Hayk Bzhishkyan


Hayk Bzhishkyan, Gaya Gai, was a Soviet military commander of the Russian Civil War and Polish-Soviet War.

Biography

Hayk was born in Tabriz, Iran, to a family of teachers; his mother was Persian and his father an Armenian socialist who had taken refuge from Tsarist authorities in Persia during the 1880s. He returned to Russia in his teens, was an activist and journalist in Tiflis, where he studied at the Armenian Theological Seminary, and spent five years in jail for revolutionary activities before he was drafted in 1914. Because of his background, Gai had been assigned to the Turkish front, where repeated bravery under fire won him a battalion commander's stars, the Cross of St. George, and the Order of St. Anna, all awarded by General Nikolai Yudenich. Captured by the Turks, he escaped and returned, badly wounded, to Russia on the eve of the February Revolution. During World War I, Bzhishkyan rose to the rank of captain. Gai had become a Bolshevik before the October Revolution. He became a military commander in 1918, when he fought against the Czech Legion and the Orenburg Cossacks of ataman Alexander Dutov.
During the Polish–Soviet War of 1920, he helped Tukhachevsky drive the Poles back to Warsaw. Gai was appointed commander of the III Cavalry Corps, attached to the IV Army, and consisting of the 10th Division and the 15th Division, with the 164th Rifle Brigade in support. In Tukhachevsky's plan, the role assigned to the Kavkor was "of the utmost importance". It was to operate on the extreme right wing of the Soviet advance and turn the flank of the Polish defence lines, thus allowing them to be rolled up by the attacking armies.
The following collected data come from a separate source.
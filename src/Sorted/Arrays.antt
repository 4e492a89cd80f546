-- ===== src/Sorted/Arrays.antt =====
-- AddArray, and the test that an array is sorted.
use gray_core.Base.{
  ℕ, zero, suc, ◌≤◌, ◌≡◌, ◌≢◌, ◌↔◌, inl, inr, refl, ◌∙◌, sym, ap, true, Bool-cases, List, [], ◌∷◌,
  ◌++◌, some, get_elem?, get_elem?-length, length, take, drop, set, arith, ltb, ◌==◌, ==→eq,
  ==_false→ne, tests,
}
use mathlib.Core.Option.{some-injective}
use gray_core.Base.Insert.{
  get_elem?-insert_before, get_elem?-insert_here, get_elem?-insert_after, get_elem?-set_here,
  get_elem?-set_ne,
}
use gray_core.Base.Compared.{equal, greater}
use gray_core.Sorted.{Sorting, Added, replace_old, add_array, is_span_sorted}
use gray_core.Sorted.Search.{Compared-cases}
use gray_core.Sorted.Laws.{SortLaws, IsSorted, equal_self}
use gray_core.Sorted.Adding.{Outcome, inserted, already, collided, add_sort-Adds}

module _ {ℓ κ} {A : Type ℓ} {K : Type κ} (sorting : Sorting A K) (laws : SortLaws sorting) where
  -- The array has an element equal to `y`.
  pub record Has (xs : List A) (y : A) : Type ℓ where
    pub index : ℕ
    pub element : A
    pub at : get_elem? xs index ≡ some element
    pub is_equal : sorting.compare_elems y element ≡ equal

  insert-Has :
      (xs : List A) (p : ℕ) (x y : A)
      → p ≤ length xs
      → Has xs y
      → Has (take p xs ++ x ∷ drop p xs) y
  insert-Has xs p x y le has = elim (Bool-cases (ltb has.index p)) [
    | inl lower ↦ record {
      index = has.index;
      element = has.element;
      at = get_elem?-insert_before xs p has.index x (omega (tests, lower)) le ∙ has.at;
      is_equal = has.is_equal;
    }
    | inr upper ↦ record {
      index = suc has.index;
      element = has.element;
      at = get_elem?-insert_after xs p has.index x (omega (tests, upper)) le ∙ has.at;
      is_equal = has.is_equal;
    }
  ]

  replace-Has :
      (xs : List A) (p : ℕ) (x old y : A)
      → get_elem? xs p ≡ some old
      → sorting.compare_elems x old ≡ equal
      → Has xs y
      → Has (set xs p x) y
  replace-Has xs p x old y at_p same has = elim (Bool-cases (p == has.index)) [
    | inl here ↦ record {
      index = p;
      element = x;
      at = get_elem?-set_here xs p x (get_elem?-length xs p old at_p);
      is_equal = through (
          some-injective old has.element
            (sym at_p ∙ ap (get_elem? xs) (==→eq p has.index here) ∙ has.at));
    }
    | inr elsewhere ↦ record {
      index = has.index;
      element = has.element;
      at = get_elem?-set_ne xs p has.index x (==_false→ne p has.index elsewhere) ∙ has.at;
      is_equal = has.is_equal;
    }
  ]
    where
      through : old ≡ has.element → sorting.compare_elems y x ≡ equal
      through e =
          grind (
            arith,
            e,
            has.is_equal,
            same,
            laws.alike y has.element x has.is_equal,
            laws.flips x old,
          )

  -- The element given and those of the array, after AddSort that replaces.
  keeps :
      (x : A) (xs : List A) (added : Added A)
      → Outcome sorting laws replace_old x xs added
      → ((y : A) → Has xs y → Has added.array y) × Has added.array x
  keeps x xs added (inserted p le fresh array index) = (
    (λ y has. rw array (insert-Has xs p x y le has)),
    rw array (record {
      index = p;
      element = x;
      at = get_elem?-insert_here xs p x le;
      is_equal = equal_self sorting laws x;
    }),
  )
  keeps x xs added (already i old at same identical is) =
      ((λ y has. rw is has), rw is (record { index = i; element = old; at = at; is_equal = same }))
  keeps x xs added (collided i old at same differs is) = (
    (λ y has. rw is (replace-Has xs i x old y at same has)),
    rw is (record {
      index = i;
      element = x;
      at = get_elem?-set_here xs i x (get_elem?-length xs i old at);
      is_equal = equal_self sorting laws x;
    }),
  )

  pub record Merged (ys xs : List A) : Type ℓ where
    pub array : List A
    pub result_is : add_array sorting ys xs ≡ some array
    pub sorted : IsSorted sorting array
    pub has_old : (y : A) → Has xs y → Has array y
    pub has_new : (y : A) → Has ys y → Has array y

  from_new :
      (y : A) (ys : List A) (z : A) (zs : List A) (i : ℕ) (e : A)
      → get_elem? (y ∷ ys) i ≡ some e
      → sorting.compare_elems z e ≡ equal
      → Has zs y
      → ((w : A) → Has ys w → Has zs w)
      → Has zs z
  from_new y ys z zs zero e at same first rest = record {
    index = first.index;
    element = first.element;
    at = first.at;
    is_equal =
        grind
          (arith, some-injective y e at, same, first.is_equal, laws.alike z e first.element same);
  }
  from_new y ys z zs (suc i) e at same first rest =
      rest z (record { index = i; element = e; at = at; is_equal = same })

  -- AddArray ends on a sorted array, which it keeps sorted, and for every element of either array
  -- the result has an element that is equal to it.
  pub add_array-Merged : (ys xs : List A) → IsSorted sorting xs → Merged ys xs
  unfolding add_array
  add_array-Merged [] xs sorted = record {
    array = xs;
    result_is = refl;
    sorted = sorted;
    has_old = λ y has. has;
    has_new =
        λ y has. absurd (omega (arith, get_elem?-length {A = A} [] has.index has.element has.at));
  }
  add_array-Merged (y ∷ ys) xs sorted =
      let first = add_sort-Adds sorting laws replace_old y xs sorted in
      let rest = add_array-Merged ys first.added.array first.sorted in
      let (old, new) = keeps y xs first.added first.outcome in
      record {
        array = rest.array;
        result_is = rw (add_array, first.result_is) rest.result_is;
        sorted = rest.sorted;
        has_old = λ z has. rest.has_old z (old z has);
        has_new = λ z has.
            from_new y ys z rest.array has.index has.element has.at has.is_equal
              (rest.has_old y new) rest.has_new;
      }

  -- A sorted tail whose first element is not less than `x`.
  cons-IsSorted :
      (x y : A) (ys : List A)
      → sorting.compare_elems x y ≢ greater
      → IsSorted sorting (y ∷ ys)
      → IsSorted sorting (x ∷ (y ∷ ys))
  cons-IsSorted x y ys h sorted zero zero a b lt at_i at_j = absurd (omega arith)
  cons-IsSorted x y ys h sorted zero (suc zero) a b lt at_i at_j =
      λ g. h (grind (arith, some-injective x a at_i, some-injective y b at_j, g))
  cons-IsSorted x y ys h sorted zero (suc (suc j)) a b lt at_i at_j = λ g. h (
      laws.up x y b (sorted 0 (suc j) y b (omega arith) refl at_j)
        (ap (λ e. sorting.compare_elems e b) (some-injective x a at_i) ∙ g))
  cons-IsSorted x y ys h sorted (suc i) zero a b lt at_i at_j = absurd (omega arith)
  cons-IsSorted x y ys h sorted (suc i) (suc j) a b lt at_i at_j =
      sorted i j a b (omega arith) at_i at_j

  accepted-IsSorted : (xs : List A) → is_span_sorted sorting xs ≡ true → IsSorted sorting xs
  unfolding is_span_sorted
  accepted-IsSorted [] h =
      λ i j a b lt at_i at_j. absurd (omega (arith, get_elem?-length {A = A} [] i a at_i))
  accepted-IsSorted (x ∷ []) h =
      λ i j a b lt at_i at_j. absurd (omega (arith, get_elem?-length (x ∷ []) j b at_j))
  accepted-IsSorted (x ∷ (y ∷ ys)) h = elim (Compared-cases (sorting.compare_elems x y)) [
    | inl low ↦
        cons-IsSorted x y ys (λ g. grind (arith, low, g))
          (accepted-IsSorted (y ∷ ys) (rw (is_span_sorted, low) at h))
    | inr (inl same) ↦
        cons-IsSorted x y ys (λ g. grind (arith, same, g))
          (accepted-IsSorted (y ∷ ys) (rw (is_span_sorted, same) at h))
    | inr (inr high) ↦ grind (arith, rw (is_span_sorted, high) at h)
  ]

  IsSorted-accepted : (xs : List A) → IsSorted sorting xs → is_span_sorted sorting xs ≡ true
  unfolding is_span_sorted
  IsSorted-accepted [] sorted = refl
  IsSorted-accepted (x ∷ []) sorted = refl
  IsSorted-accepted (x ∷ (y ∷ ys)) sorted = elim (Compared-cases (sorting.compare_elems x y)) [
    | inl low ↦
        rw (is_span_sorted, low)
          (IsSorted-accepted (y ∷ ys)
            (λ i j a b lt at_i at_j. sorted (suc i) (suc j) a b (omega arith) at_i at_j))
    | inr (inl same) ↦
        rw (is_span_sorted, same)
          (IsSorted-accepted (y ∷ ys)
            (λ i j a b lt at_i at_j. sorted (suc i) (suc j) a b (omega arith) at_i at_j))
    | inr (inr high) ↦ absurd (sorted 0 1 x y (omega arith) refl refl high)
  ]

  -- isSpanSorted answers true exactly for sorted arrays.
  pub is_span_sorted-IsSorted :
      (xs : List A) → (is_span_sorted sorting xs ≡ true) ↔ IsSorted sorting xs
  is_span_sorted-IsSorted xs = (accepted-IsSorted xs, IsSorted-accepted xs)
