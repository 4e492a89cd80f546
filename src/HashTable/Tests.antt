-- ===== src/HashTable/Tests.antt =====
-- Tables of numbers that are their own hash codes modulo 1000, in eight buckets.
use mathlib.Core.Option.{some-injective, none-ne-some}
use gray_core.Base.{
  ℕ, zero, suc, ◌%◌, ◌==◌, List, [], ◌∷◌, ◌≡◌, ◌⊎◌, inl, inr, refl, sym, get_elem?, false, Option,
  some, none, arith,
}
use gray_core.Sorted.{
  is_span_sorted, add_sort, add_near, find_near, near_loop, add_presorted, find_for_key,
}
use gray_core.Sorted.Arrays.{is_span_sorted-IsSorted}
use gray_core.HashTable.{
  Hashed, by_code, get_bucket_num, find_arg_for_key, delete_key, add, add_special, get_total_count,
  is_empty_table, set_bucket, count_below, empty_below,
}
use gray_core.HashTable.Entries.{
  by_code-SortLaws, Unique, IsTable, Entry, NoEntry, find_arg_for_key-Entry,
}
use gray_core.HashTable.Changes.{set_bucket-IsTable, Special, add_special-Special}
use gray_core.HashTable.Deleting.{Deletes, delete_key-Deletes}

abbrev by_rest : Hashed ℕ
by_rest = record { get_hash_code = λ n. n % 1000; same = λ m n. m == n; blank = 0 }

abbrev nothing : ℕ → List ℕ
nothing b = []

nothing-IsTable : IsTable by_rest 3 nothing
nothing-IsTable = record {
  sorted = λ b i j x y lt at_i at_j. absurd (none-ne-some x at_i);
  unique = λ b i j x y at_i at_j same. absurd (none-ne-some x at_i);
  placed = λ b y (i, at). absurd (none-ne-some y at);
}

-- Two elements of the bucket 5.
abbrev pair : List ℕ
pair = 5 ∷ 1013 ∷ []

pair_at : (i y : ℕ) → get_elem? pair i ≡ some y → ((i ≡ 0) × (5 ≡ y)) ⊎ ((i ≡ 1) × (1013 ≡ y))
pair_at zero y at = inl (refl, some-injective 5 y at)
pair_at (suc zero) y at = inr (refl, some-injective 1013 y at)
pair_at (suc (suc i)) y at = absurd (none-ne-some y at)

pair-Unique : Unique by_rest 3 pair
pair-Unique i j x y at_i at_j same = ground (arith, pair_at i x at_i, pair_at j y at_j, same)

abbrev two : ℕ → List ℕ
two = set_bucket by_rest 3 nothing 5 pair

two-IsTable : IsTable by_rest 3 two
two-IsTable =
    set_bucket-IsTable by_rest 3 nothing 5 pair nothing-IsTable
      ((is_span_sorted-IsSorted (by_code by_rest 3) (by_code-SortLaws by_rest 3) pair).0
        (unfold is_span_sorted in refl))
      pair-Unique (λ y (i, at). in_five y (pair_at i y at))
  where
    in_five :
        {i : ℕ} (y : ℕ)
        → ((i ≡ 0) × (5 ≡ y)) ⊎ ((i ≡ 1) × (1013 ≡ y))
        → get_bucket_num by_rest 3 (y % 1000) ≡ 5
    in_five y (inl (h, e)) = rw (sym e) (unfold get_bucket_num in refl)
    in_five y (inr (h, e)) = rw (sym e) (unfold get_bucket_num in refl)

find_arg_for_key-Entry_example :
    ((y : ℕ) × (find_arg_for_key by_rest 3 13 two ≡ some (some y)) × Entry by_rest 3 two 13 y)
    ⊎ ((find_arg_for_key by_rest 3 13 two ≡ some none) × NoEntry by_rest 3 two 13)
find_arg_for_key-Entry_example = find_arg_for_key-Entry by_rest 3 two 13 two-IsTable

add_special-Special_example : Special by_rest 3 two 21 (add_special by_rest 3 21 two)
add_special-Special_example = add_special-Special by_rest 3 two 21 two-IsTable

delete_key-Deletes_example : Deletes by_rest 3 two 13 (delete_key by_rest 3 13 two)
delete_key-Deletes_example = delete_key-Deletes by_rest 3 two 13 two-IsTable

found : find_arg_for_key by_rest 3 13 two ≡ some (some 1013)
unfolding find_arg_for_key get_bucket_num find_for_key find_near near_loop
found = refl

abbrev returned : Option ((ℕ → List ℕ) × Option ℕ) → Option (Option ℕ)
returned none = none
returned (some result) = some result.1

-- A new element is put into the bucket; one whose hash code is there already is not.
special_new : find_arg_for_key by_rest 3 21 two ≡ some none
unfolding find_arg_for_key get_bucket_num find_for_key find_near near_loop
special_new = refl

-- Add of another element with a hash code that is in the table takes the element at the index -1.
add_again : returned (add by_rest 3 2005 two) ≡ some none
unfolding add get_bucket_num add_sort add_near find_near near_loop
add_again = refl

add_new : returned (add by_rest 3 21 two) ≡ some (some 21)
unfolding add get_bucket_num add_sort add_near add_presorted find_near near_loop
add_new = refl

counted : (get_total_count by_rest 3 two ≡ 2) × (is_empty_table by_rest 3 two ≡ false)
unfolding get_total_count is_empty_table count_below empty_below
counted = (refl, refl)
The Kavkor advanced rapidly, taking Vilnius on July 14, Grodno on July 22, reaching the Vistula in the second week of August, and cutting the crucial Warsaw-Gdańsk railway.
However, the Polish counter-attack resulted in the encirclement of the IV Army. Gai's Kavkor attempted to break out. After several engagements, it was finally pinned against the German border by the pursuing Poles. The Kavkor crossed the border on August 26, and Gai was interned by the Germans in the Salzwedel camp near Berlin.
Bzhishkyan was the People's Commissar of the Army and Navy of the Armenian SSR and later a military history lecturer and researcher in 1922. From 1924 to 1925, he was the chief of the military garrison in Minsk. In 1926, he continued his studies at the Military Academy of the General Staff. Upon graduation in 1927, Bzhishkyan managed the Frunze department. He was a professor and the Head of the Department of War History and Military Art in the Zhukovsky Air Force Engineering Academy from 1933 to 1935.
He was twice awarded with the Order of the Red Banner; in 1919 for battles in the Volga Region of 1918 and in 1920 for the Polish campaign.

Arrest and death

In June 1935, he was dismissed from all his posts and the army and was also expelled from the Communist party. On 3 July 1935, he was arrested and accused of "creating a military-fascist organization in the Red Army" by the Military Collegium of the Supreme Court of the USSR. He was also accused of having a private conversation with a non-party while drunk and stating, "it is necessary to remove Stalin". On 15 October 1935, Bzhishkyan was sentenced by the Special Council of the NKVD on charges of involvement in the counter-revolutionary group to 5 years in detention camps. While being sent to the Yaroslavl prison on 22 October 1935, he ran, but after a few days he was arrested by the NKVD.
He spent two years in detention. On 11 December 1937, during the Great Purge, Bzhishkyan was shot. His books were declared politically harmful and banned. After Stalin's death, he was rehabilitated on 21 January 1956 and restored in the party posthumously.

Memory

The town of Gai, Armenia, was renamed in his honor. A USSR postage stamp of Bzhishkyan's portrait was made in 1967. The passenger river motor ship Komdiv Gai bears his name, although according to his rank, it should be Komkor Gai, as Gai was a Commander of Corps. There are streets named after him in the cities of Grodno, Minsk, Samara, Orenburg and Stary Oskol. Guy Boulevard in Togliatti is also named for Bzhishkyan.

Honors and awards

;Russian Empire
;Soviet Union
Bzhishkyan is also an honorary citizen of Minsk.

Commands

Hayk Bzhishkyan commanded some regiments, divisions and higher military formations:
Hayk's first name is sometimes given as Gaia, Гая, or Gai, as well as Ghaia or Ghai; the patronymic is sometimes spelt as "Dimitrievich" or "Dimitriyevich" or "Dmitriyevich"; the last name also spelt as Bzhishkyants ; in Polish sources related to Polish-Soviet War he is referred to as either Gaj Brzyszkian, Gaj Dimitrijewicz Gaj or Gaj-Chan, or Gay-Khan. His first name, Гайк, is a Russian transliteration of "Haik", which was further corrupted in various Latinizations.